Problem requirements:
Retype every line below precisely as it appears.
Start of Supplied information
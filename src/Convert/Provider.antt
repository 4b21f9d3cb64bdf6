-- ===== src/Convert/Provider.antt =====
-- `ConvertTo` and `ConvertFrom` of api/v1alpha1/dbaasprovider_conversion.go.
pub mod Parameters
pub mod Specs
pub mod RoundTrip
use dbaas_operator.Prelude.{
  elements, String, Bool, true, Option, none, some, List, [], ◌∷◌, ◌++◌, map, ◌==◌, ◌||◌, is_empty,
  non_empty, if◌then◌else◌, ◌+++◌,
}
use dbaas_operator.Prelude.GoMap.{GoMap, insert}
use dbaas_operator.Api.V1alpha1
use dbaas_operator.Api.V1alpha1.{InstanceParameterSpec}
use dbaas_operator.Api.V1beta1
use dbaas_operator.Api.V1beta1.{ProvisioningParameter}
use dbaas_operator.Convert.Inventory.{appended}
use dbaas_operator.Convert.Names.{convert_name_to, convert_name_from}

-- `GroupVersion.String()`
abbrev pub group_version_string : String
group_version_string = V1alpha1.group_version.group +++ "/" +++ V1alpha1.group_version.version

abbrev pub field_to : V1alpha1.CredentialField → V1beta1.CredentialField
field_to f = record {
  key = f.key;
  display_name = f.display_name;
  type = f.type;
  required = f.required;
  help_text = f.help_text;
}

abbrev pub field_from : V1beta1.CredentialField → V1alpha1.CredentialField
field_from f = record {
  key = f.key;
  display_name = f.display_name;
  type = f.type;
  required = f.required;
  help_text = f.help_text;
}

-- The loops that append to a nil slice, which stays nil where there is nothing to append.
unfoldable pub fields_to :
    Option (List V1alpha1.CredentialField) → Option (List V1beta1.CredentialField)
fields_to none = none
fields_to (some l) = appended (map field_to l)

unfoldable pub fields_from :
    Option (List V1beta1.CredentialField) → Option (List V1alpha1.CredentialField)
fields_from none = none
fields_from (some l) = appended (map field_from l)

abbrev pub info_to : V1alpha1.DatabaseProvider → V1beta1.DatabaseProviderInfo
info_to p = record {
  name = p.name;
  display_name = p.display_name;
  display_description = p.display_description;
  icon = record { base64data = p.icon.base64data; mediatype = p.icon.mediatype };
}

abbrev pub info_from : V1beta1.DatabaseProviderInfo → V1alpha1.DatabaseProvider
info_from p = record {
  name = p.name;
  display_name = p.display_name;
  display_description = p.display_description;
  icon = record { base64data = p.icon.base64data; mediatype = p.icon.mediatype };
}

abbrev pub default_or_aws : String → String
default_or_aws s = if non_empty s then s else "AWS"

-- The parameter that is made from a parameter spec under its v1beta1 name.
unfoldable pub parameter_of : String → InstanceParameterSpec → ProvisioningParameter
parameter_of name v =
    if name == V1beta1.provisioning_cloud_provider
    then record {
      display_name = v.display_name;
      help_text = "";
      conditional_data =
          record {
            dependencies =
                record {
                  field = V1beta1.provisioning_plan;
                  value = V1beta1.provisioning_plan_free_trial;
                }
                ∷ [];
            options =
                record {
                  value = default_or_aws v.default_value;
                  display_value = default_or_aws v.default_value;
                }
                ∷ [];
            default_value = default_or_aws v.default_value;
          }
          ∷ [];
    }
    else record { display_name = v.display_name; help_text = ""; conditional_data = [] }

-- The loop over `src.Spec.InstanceParameterSpecs`, which passes over a name that v1beta1 lacks.
unfoldable pub add_parameters :
    String → List InstanceParameterSpec → GoMap ProvisioningParameter → GoMap ProvisioningParameter
unfolding parameter_of
add_parameters provider [] m = m
add_parameters provider (v ∷ specs) m =
    let name = convert_name_to provider v.name in
    add_parameters provider specs (if is_empty name then m else insert name (parameter_of name v) m)

abbrev pub hosting_plan : ProvisioningParameter
hosting_plan = record {
  display_name = "Hosting plan";
  help_text = "";
  conditional_data =
      record {
        dependencies = [];
        options =
            record { value = V1beta1.provisioning_plan_free_trial; display_value = "Free trial" }
            ∷ [];
        default_value = V1beta1.provisioning_plan_free_trial;
      }
      ∷ [];
}

unfoldable pub convert_to : V1alpha1.DbaasProvider → V1beta1.DbaasProvider
unfolding add_parameters fields_to
convert_to src = record {
  meta = src.meta;
  spec = record {
    provider = info_to src.spec.provider;
    group_version = group_version_string;
    inventory_kind = src.spec.inventory_kind;
    connection_kind = src.spec.connection_kind;
    instance_kind = src.spec.instance_kind;
    credential_fields = fields_to src.spec.credential_fields;
    allows_free_trial = src.spec.allows_free_trial;
    external_provision_url = src.spec.external_provision_url;
    external_provision_description = src.spec.external_provision_description;
    provisioning_parameters =
        insert V1beta1.provisioning_plan hosting_plan
          (add_parameters src.meta.name (elements src.spec.instance_parameter_specs) []);
  };
  status = record { conditions = [] };
}

-- The cases of the switch in `ConvertFrom`.
unfoldable pub is_converted : String → Bool
is_converted k =
    (k == V1beta1.provisioning_cloud_provider)
    || (k == V1beta1.provisioning_name)
    || (k == V1beta1.provisioning_database_type)
    || (k == V1beta1.provisioning_team_project)

-- `v.ConditionalData[0].DefaultValue`, or "".
abbrev pub first_default : List V1beta1.ConditionalProvisioningParameterData → String
first_default [] = ""
first_default (d ∷ _) = d.default_value

abbrev pub spec_of : String → ProvisioningParameter → InstanceParameterSpec
spec_of name v = record {
  name = name;
  display_name = v.display_name;
  type = "string";
  required = true;
  default_value = first_default v.conditional_data;
}

-- The loop over `src.Spec.ProvisioningParameters`.
unfoldable pub add_specs : String → GoMap ProvisioningParameter → List InstanceParameterSpec
unfolding is_converted
add_specs provider [] = []
add_specs provider ((k, v) ∷ m) =
    (if is_converted k then spec_of (convert_name_from provider k) v ∷ [] else [])
    ++ add_specs provider m

unfoldable pub convert_from : V1beta1.DbaasProvider → V1alpha1.DbaasProvider
unfolding add_specs fields_from
convert_from src = record {
  meta = src.meta;
  spec = record {
    provider = info_from src.spec.provider;
    inventory_kind = src.spec.inventory_kind;
    connection_kind = src.spec.connection_kind;
    instance_kind = src.spec.instance_kind;
    credential_fields = fields_from src.spec.credential_fields;
    allows_free_trial = src.spec.allows_free_trial;
    external_provision_url = src.spec.external_provision_url;
    external_provision_description = src.spec.external_provision_description;
    instance_parameter_specs = appended (add_specs src.meta.name src.spec.provisioning_parameters);
  };
  status = record { conditions = [] };
}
End of Supplied information
Worked solution:
filename src/Convert/Provider.antt
repository 4b21f9d3cb64bdf6
-- ===== src/Convert/Provider.antt =====
-- `ConvertTo` and `ConvertFrom` of api/v1alpha1/dbaasprovider_conversion.go.
pub mod Parameters
pub mod Specs
pub mod RoundTrip
use dbaas_operator.Prelude.{
  elements, String, Bool, true, Option, none, some, List, [], ◌∷◌, ◌++◌, map, ◌==◌, ◌||◌, is_empty,
  non_empty, if◌then◌else◌, ◌+++◌,
}
use dbaas_operator.Prelude.GoMap.{GoMap, insert}
use dbaas_operator.Api.V1alpha1
use dbaas_operator.Api.V1alpha1.{InstanceParameterSpec}
use dbaas_operator.Api.V1beta1
use dbaas_operator.Api.V1beta1.{ProvisioningParameter}
use dbaas_operator.Convert.Inventory.{appended}
use dbaas_operator.Convert.Names.{convert_name_to, convert_name_from}

-- `GroupVersion.String()`
abbrev pub group_version_string : String
group_version_string = V1alpha1.group_version.group +++ "/" +++ V1alpha1.group_version.version

abbrev pub field_to : V1alpha1.CredentialField → V1beta1.CredentialField
field_to f = record {
  key = f.key;
  display_name = f.display_name;
  type = f.type;
  required = f.required;
  help_text = f.help_text;
}

abbrev pub field_from : V1beta1.CredentialField → V1alpha1.CredentialField
field_from f = record {
  key = f.key;
  display_name = f.display_name;
  type = f.type;
  required = f.required;
  help_text = f.help_text;
}

-- The loops that append to a nil slice, which stays nil where there is nothing to append.
unfoldable pub fields_to :
    Option (List V1alpha1.CredentialField) → Option (List V1beta1.CredentialField)
fields_to none = none
fields_to (some l) = appended (map field_to l)

unfoldable pub fields_from :
    Option (List V1beta1.CredentialField) → Option (List V1alpha1.CredentialField)
fields_from none = none
fields_from (some l) = appended (map field_from l)

abbrev pub info_to : V1alpha1.DatabaseProvider → V1beta1.DatabaseProviderInfo
info_to p = record {
  name = p.name;
  display_name = p.display_name;
  display_description = p.display_description;
  icon = record { base64data = p.icon.base64data; mediatype = p.icon.mediatype };
}

abbrev pub info_from : V1beta1.DatabaseProviderInfo → V1alpha1.DatabaseProvider
info_from p = record {
  name = p.name;
  display_name = p.display_name;
  display_description = p.display_description;
  icon = record { base64data = p.icon.base64data; mediatype = p.icon.mediatype };
}

abbrev pub default_or_aws : String → String
default_or_aws s = if non_empty s then s else "AWS"

-- The parameter that is made from a parameter spec under its v1beta1 name.
unfoldable pub parameter_of : String → InstanceParameterSpec → ProvisioningParameter
parameter_of name v =
    if name == V1beta1.provisioning_cloud_provider
    then record {
      display_name = v.display_name;
      help_text = "";
      conditional_data =
          record {
            dependencies =
                record {
                  field = V1beta1.provisioning_plan;
                  value = V1beta1.provisioning_plan_free_trial;
                }
                ∷ [];
            options =
                record {
                  value = default_or_aws v.default_value;
                  display_value = default_or_aws v.default_value;
                }
                ∷ [];
            default_value = default_or_aws v.default_value;
          }
          ∷ [];
    }
    else record { display_name = v.display_name; help_text = ""; conditional_data = [] }

-- The loop over `src.Spec.InstanceParameterSpecs`, which passes over a name that v1beta1 lacks.
unfoldable pub add_parameters :
    String → List InstanceParameterSpec → GoMap ProvisioningParameter → GoMap ProvisioningParameter
unfolding parameter_of
add_parameters provider [] m = m
add_parameters provider (v ∷ specs) m =
    let name = convert_name_to provider v.name in
    add_parameters provider specs (if is_empty name then m else insert name (parameter_of name v) m)

abbrev pub hosting_plan : ProvisioningParameter
hosting_plan = record {
  display_name = "Hosting plan";
  help_text = "";
  conditional_data =
      record {
        dependencies = [];
        options =
            record { value = V1beta1.provisioning_plan_free_trial; display_value = "Free trial" }
            ∷ [];
        default_value = V1beta1.provisioning_plan_free_trial;
      }
      ∷ [];
}

unfoldable pub convert_to : V1alpha1.DbaasProvider → V1beta1.DbaasProvider
unfolding add_parameters fields_to
convert_to src = record {
  meta = src.meta;
  spec = record {
    provider = info_to src.spec.provider;
    group_version = group_version_string;
    inventory_kind = src.spec.inventory_kind;
    connection_kind = src.spec.connection_kind;
    instance_kind = src.spec.instance_kind;
    credential_fields = fields_to src.spec.credential_fields;
    allows_free_trial = src.spec.allows_free_trial;
    external_provision_url = src.spec.external_provision_url;
    external_provision_description = src.spec.external_provision_description;
    provisioning_parameters =
        insert V1beta1.provisioning_plan hosting_plan
          (add_parameters src.meta.name (elements src.spec.instance_parameter_specs) []);
  };
  status = record { conditions = [] };
}

-- The cases of the switch in `ConvertFrom`.
unfoldable pub is_converted : String → Bool
is_converted k =
    (k == V1beta1.provisioning_cloud_provider)
    || (k == V1beta1.provisioning_name)
    || (k == V1beta1.provisioning_database_type)
    || (k == V1beta1.provisioning_team_project)

-- `v.ConditionalData[0].DefaultValue`, or "".
abbrev pub first_default : List V1beta1.ConditionalProvisioningParameterData → String
first_default [] = ""
first_default (d ∷ _) = d.default_value

abbrev pub spec_of : String → ProvisioningParameter → InstanceParameterSpec
spec_of name v = record {
  name = name;
  display_name = v.display_name;
  type = "string";
  required = true;
  default_value = first_default v.conditional_data;
}

-- The loop over `src.Spec.ProvisioningParameters`.
unfoldable pub add_specs : String → GoMap ProvisioningParameter → List InstanceParameterSpec
unfolding is_converted
add_specs provider [] = []
add_specs provider ((k, v) ∷ m) =
    (if is_converted k then spec_of (convert_name_from provider k) v ∷ [] else [])
    ++ add_specs provider m

unfoldable pub convert_from : V1beta1.DbaasProvider → V1alpha1.DbaasProvider
unfolding add_specs fields_from
convert_from src = record {
  meta = src.meta;
  spec = record {
    provider = info_from src.spec.provider;
    inventory_kind = src.spec.inventory_kind;
    connection_kind = src.spec.connection_kind;
    instance_kind = src.spec.instance_kind;
    credential_fields = fields_from src.spec.credential_fields;
    allows_free_trial = src.spec.allows_free_trial;
    external_provision_url = src.spec.external_provision_url;
    external_provision_description = src.spec.external_provision_description;
    instance_parameter_specs = appended (add_specs src.meta.name src.spec.provisioning_parameters);
  };
  status = record { conditions = [] };
}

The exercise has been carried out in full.